Its frames: enter image description here

Following the above I get multiple of these:

Chrome output regarding websocket call:

general:

Request URL: ws://35.204.210.134/socket.io/?EIO=3&transport=websocket
Request Method: GET
Status Code: 503 Service Unavailable

response headers:

connection: close
content-length: 19
content-type: text/plain
date: Sat, 19 Jan 2019 14:06:39 GMT
server: envoy

request headers:

Accept-Encoding: gzip, deflate
Accept-Language: nl-NL,nl;q=0.9,en-US;q=0.8,en;q=0.7
Cache-Control: no-cache
Connection: Upgrade
Host: 35.204.210.134
Origin: http://localhost:8080
Pragma: no-cache
Sec-WebSocket-Extensions: permessage-deflate; client_max_window_bits
Sec-WebSocket-Key: VtKS5xKF+GZ4u3uGih2fig==
Sec-WebSocket-Version: 13
Upgrade: websocket
User-Agent: Mozilla/5.0 (iPhone; CPU iPhone OS 10_3_1 like Mac OS X) AppleWebKit/603.1.30 (KHTML, like Gecko) Version/10.0 Mobile/14E304 Safari/602.1

The frames:

Data: (Opcode -1)
Length: 63
Time: 15:06:44.412

Solution

  • Using uws (uWebSockets) as websocket engine causes these errors.

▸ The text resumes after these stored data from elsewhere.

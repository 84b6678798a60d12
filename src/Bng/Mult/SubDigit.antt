-- ===== src/Bng/Mult/SubDigit.antt =====
-- bng_mult_sub_digit subtracts `d * b` from `a`.
use native.Mathlib.Nat.{add-zero}
use ocaml_pro_ocaml_branch.Base.{
  ℕ, ◌+◌, ◌-◌, ◌*◌, ◌<◌, ◌≤◌, ◌≡◌, List, [], ◌∷◌, arith, length, subst,
}
use ocaml_pro_ocaml_branch.Bng.Digit.{base, mult, sub2, sub3}
use ocaml_pro_ocaml_branch.Bng.Digit.Exact.{sub2_lem, sub3_lem, mult_lem}
use ocaml_pro_ocaml_branch.Bng.Value.{value, weight, IsDigits}
use ocaml_pro_ocaml_branch.Bng.AddSub.{Outcome}
use ocaml_pro_ocaml_branch.Bng.AddSub.Sub.{sub_carry-IsDifference}
use ocaml_pro_ocaml_branch.Bng.Mult.{finish_sub, mult_sub_loop, mult_sub_digit}

-- `r` holds `value a - taken` in as many digits as `a` has, and a borrow of one digit.
pub record IsTaken (a : List ℕ) (taken : ℕ) (r : Outcome) : Type 0 where
  pub same_length : length r.digits ≡ length a
  pub digits_ok : IsDigits r.digits
  pub carry_digit : r.carry < base
  pub is_taken : value r.digits + taken ≡ value a + weight (length a) * r.carry

finish_sub-IsTaken :
    (a : List ℕ) (out : ℕ) → IsDigits a → out < base → IsTaken a out (finish_sub a out)
unfolding finish_sub value weight
finish_sub-IsTaken [] out da ho = omega arith
finish_sub-IsTaken (x ∷ xs) out da ho =
    let s = sub2_lem x out da.0 ho in
    let rest = sub_carry-IsDifference xs (sub2 x out).carry da.1 s.2 in
    record {
      same_length = omega (arith, rest.same_length);
      digits_ok = (s.1, rest.digits_ok);
      carry_digit = omega (arith, rest.carry_bit);
      is_taken = omega (arith, rest.is_difference, s.0);
    }

-- One round is exact: a digit, a product of digits and a digit fit two digits.
round_total :
    (x y d out : ℕ)
    → x < base
    → y < base
    → d < base
    → out < base
    → let s = sub3 (mult y d).carry x (mult y d).res out in
      (s.res + y * d + out ≡ x + base * s.carry) × (s.res < base) × (s.carry < base)
round_total x y d out hx hy hd ho =
    let p = mult_lem y d hy hd in
    let small : y * d ≤ (base - 1) * (base - 1) = grind arith in
    omega (
      arith,
      p,
      sub3_lem (mult y d).carry x (mult y d).res out hx p.1 ho (omega arith) (omega arith),
    )

mult_sub_loop-IsTaken :
    (a b : List ℕ) (d out : ℕ)
    → IsDigits a
    → IsDigits b
    → d < base
    → out < base
    → length b ≤ length a
    → IsTaken a (value b * d + out) (mult_sub_loop a b d out)
unfolding mult_sub_loop value weight
mult_sub_loop-IsTaken a [] d out da db hd ho le = ground (arith, finish_sub-IsTaken a out da ho)
mult_sub_loop-IsTaken [] (y ∷ ys) d out da db hd ho le = absurd (omega arith)
mult_sub_loop-IsTaken (x ∷ xs) (y ∷ ys) d out da db hd ho le =
    let s = round_total x y d out da.0 db.0 hd ho in
    let rest =
      mult_sub_loop-IsTaken xs ys d (sub3 (mult y d).carry x (mult y d).res out).carry da.1 db.1 hd
        s.2 (omega arith) in
    record {
      same_length = omega (arith, rest.same_length);
      digits_ok = (s.1, rest.digits_ok);
      carry_digit = rest.carry_digit;
      is_taken = omega (arith, rest.is_taken, s.0);
    }

-- For arrays of digits with `a` no shorter than `b` and a digit `d`, bng_mult_sub_digit puts
-- `a - b * d` into the digits of `a` and the digit borrowed that is returned.
pub mult_sub_digit-IsTaken :
    (a b : List ℕ) (d : ℕ)
    → IsDigits a
    → IsDigits b
    → d < base
    → length b ≤ length a
    → IsTaken a (value b * d) (mult_sub_digit a b d)
unfolding mult_sub_digit
mult_sub_digit-IsTaken a b d da db hd le =
    subst (λ (t : ℕ). IsTaken a t (mult_sub_loop a b d 0)) (add-zero (value b * d))
      (mult_sub_loop-IsTaken a b d 0 da db hd (omega arith) le)
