-- ===== src/Bng/Shift.antt =====
-- bng_shift_left and bng_shift_right: a shift of the whole array by fewer bits than a digit has.
use native.Mathlib.Nat.{add-zero, div-add-mod', mod-lt, div-lt_iff_lt-mul}
use ocaml_pro_ocaml_branch.Base.{
  ℕ, zero, suc, ◌+◌, ◌-◌, ◌*◌, ◌/◌, ◌%◌, ◌^◌, ◌<◌, ◌≤◌, ◌≡◌, List, [], ◌∷◌, arith, length, ap, ◌∙◌,
  sym, refl, subst, bit_or, ltb, lt→ltb, if◌then◌else◌,
}
use ocaml_pro_ocaml_branch.Base.Bits.{bit_or-high_low, bit_or-low_high}
use ocaml_pro_ocaml_branch.Base.Shifts.{
  pow_pos, pow_split, shl_split, shl_word, shl-lt, shr-lt, mul_below, div_unique, mod_unique,
}
use ocaml_pro_ocaml_branch.Bng.Digit.{base}
use ocaml_pro_ocaml_branch.Bng.Value.{value, weight, IsDigits}
use ocaml_pro_ocaml_branch.Bng.AddSub.{Outcome, outcome, put}

shift_left_loop : ℕ → ℕ → List ℕ → Outcome
shift_left_loop shift carry [] = outcome carry []
shift_left_loop shift carry (d ∷ ds) =
    put (bit_or (d * 2 ^ shift % base) carry) (shift_left_loop shift (d / 2 ^ (64 - shift)) ds)

-- The outcome's carry is the bits that are shifted out.
unfoldable pub shift_left : List ℕ → ℕ → Outcome
unfolding shift_left_loop
shift_left a shift = if ltb 0 shift then shift_left_loop shift 0 a else outcome 0 a

-- The loop goes down from the most significant digit, the end of the list.
shift_right_loop : ℕ → List ℕ → Outcome
shift_right_loop shift [] = outcome 0 []
shift_right_loop shift (d ∷ ds) =
    let above = shift_right_loop shift ds in
    outcome (d * 2 ^ (64 - shift) % base) (bit_or (d / 2 ^ shift) above.carry ∷ above.digits)

unfoldable pub shift_right : List ℕ → ℕ → Outcome
unfolding shift_right_loop
shift_right a shift = if ltb 0 shift then shift_right_loop shift a else outcome 0 a

-- `r` holds `total` in as many digits as `a` has, and a carry of `shift` bits.
pub record IsShiftedLeft (a : List ℕ) (shift total : ℕ) (r : Outcome) : Type 0 where
  pub same_length : length r.digits ≡ length a
  pub digits_ok : IsDigits r.digits
  pub carry_bits : r.carry < 2 ^ shift
  pub is_total : value r.digits + weight (length a) * r.carry ≡ total

module _ (s : ℕ) (hs : s ≤ 64) where
  shifted_digit : (d c : ℕ) → c < 2 ^ s → bit_or (d * 2 ^ s % base) c ≡ d % 2 ^ (64 - s) * 2 ^ s + c
  shifted_digit d c hc =
      ap (λ (t : ℕ). bit_or t c) (shl_word 64 s hs d) ∙ bit_or-high_low s (d % 2 ^ (64 - s)) c hc

  shift_left_loop-IsShiftedLeft :
      (carry : ℕ) (a : List ℕ)
      → IsDigits a
      → carry < 2 ^ s
      → IsShiftedLeft a s (value a * 2 ^ s + carry) (shift_left_loop s carry a)
  unfolding shift_left_loop value weight
  shift_left_loop-IsShiftedLeft c [] da hc = omega arith
  shift_left_loop-IsShiftedLeft c (d ∷ ds) da hc =
      let rest = shift_left_loop-IsShiftedLeft (d / 2 ^ (64 - s)) ds da.1 (shr-lt 64 s hs d da.0) in
      record {
        same_length = omega (arith, rest.same_length);
        digits_ok = (omega (arith, shifted_digit d c hc, shl-lt 64 s hs d), rest.digits_ok);
        carry_bits = rest.carry_bits;
        is_total = omega (arith, rest.is_total, shifted_digit d c hc, shl_split 64 s hs d);
      }

-- For an array of digits and a shift below 64, bng_shift_left multiplies by `2 ^ shift`; the bits
-- that do not fit are returned.
pub shift_left-IsShiftedLeft :
    (a : List ℕ) (shift : ℕ)
    → IsDigits a
    → shift < 64
    → IsShiftedLeft a shift (value a * 2 ^ shift) (shift_left a shift)
unfolding shift_left
shift_left-IsShiftedLeft a zero da h = record {
  same_length = refl;
  digits_ok = da;
  carry_bits = omega arith;
  is_total = omega arith;
}
shift_left-IsShiftedLeft a (suc s) da h = rw (lt→ltb 0 (suc s) (omega arith)) (
    subst (λ (t : ℕ). IsShiftedLeft a (suc s) t (shift_left_loop (suc s) 0 a))
      (add-zero (value a * 2 ^ suc s))
      (shift_left_loop-IsShiftedLeft (suc s) (omega arith) 0 a da (pow_pos (suc s))))

-- `r` holds `a` without its low bits `low`, which are at the top of the carry.
pub record IsShiftedRight (a : List ℕ) (shift : ℕ) (r : Outcome) : Type 0 where
  pub same_length : length r.digits ≡ length a
  pub digits_ok : IsDigits r.digits
  pub low : ℕ
  pub low_bits : low < 2 ^ shift
  pub carry_value : r.carry ≡ low * 2 ^ (64 - shift)
  pub is_total : value r.digits * 2 ^ shift + low ≡ value a

module _ (s : ℕ) (hs : s ≤ 64) where
  high_part : (d : ℕ) → d < base → d / 2 ^ s < 2 ^ (64 - s)
  high_part d hd = (div-lt_iff_lt-mul (pow_pos s)).1 (omega (arith, pow_split 64 s hs))

  twice_back : 64 - (64 - s) ≡ s
  twice_back = omega arith

  -- `d << (64 - s)` keeps the bits that a shift right by `s` drops.
  dropped : (d : ℕ) → d * 2 ^ (64 - s) % base ≡ d % 2 ^ s * 2 ^ (64 - s)
  dropped d =
      subst (λ (t : ℕ). d * 2 ^ (64 - s) % base ≡ d % 2 ^ t * 2 ^ (64 - s)) twice_back
        (shl_word 64 (64 - s) (omega arith) d)

  shift_right_loop-IsShiftedRight :
      (a : List ℕ) → IsDigits a → IsShiftedRight a s (shift_right_loop s a)
  unfolding shift_right_loop value
  shift_right_loop-IsShiftedRight [] da = record {
    same_length = refl;
    digits_ok = tt;
    low = 0;
    low_bits = pow_pos s;
    carry_value = omega arith;
    is_total = omega arith;
  }
  shift_right_loop-IsShiftedRight (d ∷ ds) da =
      let above = shift_right_loop-IsShiftedRight ds da.1 in
      let parts = div-add-mod' d (2 ^ s) in
      let split = pow_split 64 s hs in
      let digit : bit_or (d / 2 ^ s) (shift_right_loop s ds).carry
          ≡ above.low * 2 ^ (64 - s) + d / 2 ^ s =
        ap (bit_or (d / 2 ^ s)) above.carry_value
        ∙ bit_or-low_high (64 - s) above.low (d / 2 ^ s) (high_part d da.0) in
      record {
        same_length = omega (arith, above.same_length);
        digits_ok = (
          omega (
            arith,
            digit,
            mul_below above.low (2 ^ (64 - s)) (2 ^ s) above.low_bits,
            split,
            high_part d da.0,
          ),
          above.digits_ok,
        );
        low = d % 2 ^ s;
        low_bits = mod-lt d (pow_pos s);
        carry_value = dropped d;
        is_total = omega (
          arith,
          ap (λ (t : ℕ). t * 2 ^ s) digit,
          ap (λ (t : ℕ). above.low * t) split,
          above.is_total,
          parts,
        );
      }

-- bng_shift_right divides by `2 ^ shift`; the remainder is returned in the top bits of a digit.
pub shift_right-IsShiftedRight :
    (a : List ℕ) (shift : ℕ)
    → IsDigits a
    → shift < 64
    → IsShiftedRight a shift (shift_right a shift)
unfolding shift_right
shift_right-IsShiftedRight a zero da h = record {
  same_length = refl;
  digits_ok = da;
  low = 0;
  low_bits = omega arith;
  carry_value = omega arith;
  is_total = omega arith;
}
shift_right-IsShiftedRight a (suc s) da h =
    rw (lt→ltb 0 (suc s) (omega arith)) (shift_right_loop-IsShiftedRight (suc s) (omega arith) a da)

-- For an array of digits and a shift below 64, bng_shift_right leaves the quotient by `2 ^ shift` in
-- the array, and returns the remainder in the top bits of a digit.
pub shift_right_lem :
    (a : List ℕ) (shift : ℕ)
    → IsDigits a
    → shift < 64
    → (value (shift_right a shift).digits ≡ value a / 2 ^ shift)
      × ((shift_right a shift).carry ≡ value a % 2 ^ shift * 2 ^ (64 - shift))
shift_right_lem a s da h =
    let r = shift_right-IsShiftedRight a s da h in
    let v = value (shift_right a s).digits in
    (
      sym (ap (λ (t : ℕ). t / 2 ^ s) (sym r.is_total) ∙ div_unique v (2 ^ s) r.low r.low_bits),
      r.carry_value
          ∙ ap (λ (t : ℕ). t * 2 ^ (64 - s))
              (sym (
                ap (λ (t : ℕ). t % 2 ^ s) (sym r.is_total)
                ∙ mod_unique v (2 ^ s) r.low r.low_bits)),
    )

When I swap in my backend app this code:

    app.configure(socketio({
      wsEngine: 'uws',
      timeout: 120000,
      reconnect: true
    }))
    

    for this:

    app.configure(socketio())
    

    Everything works as expected.

    EDIT: Now it also works with uws. I used alpine docker container which is based on node 10, which does not work with uws. After switching to container based on node 8 it works.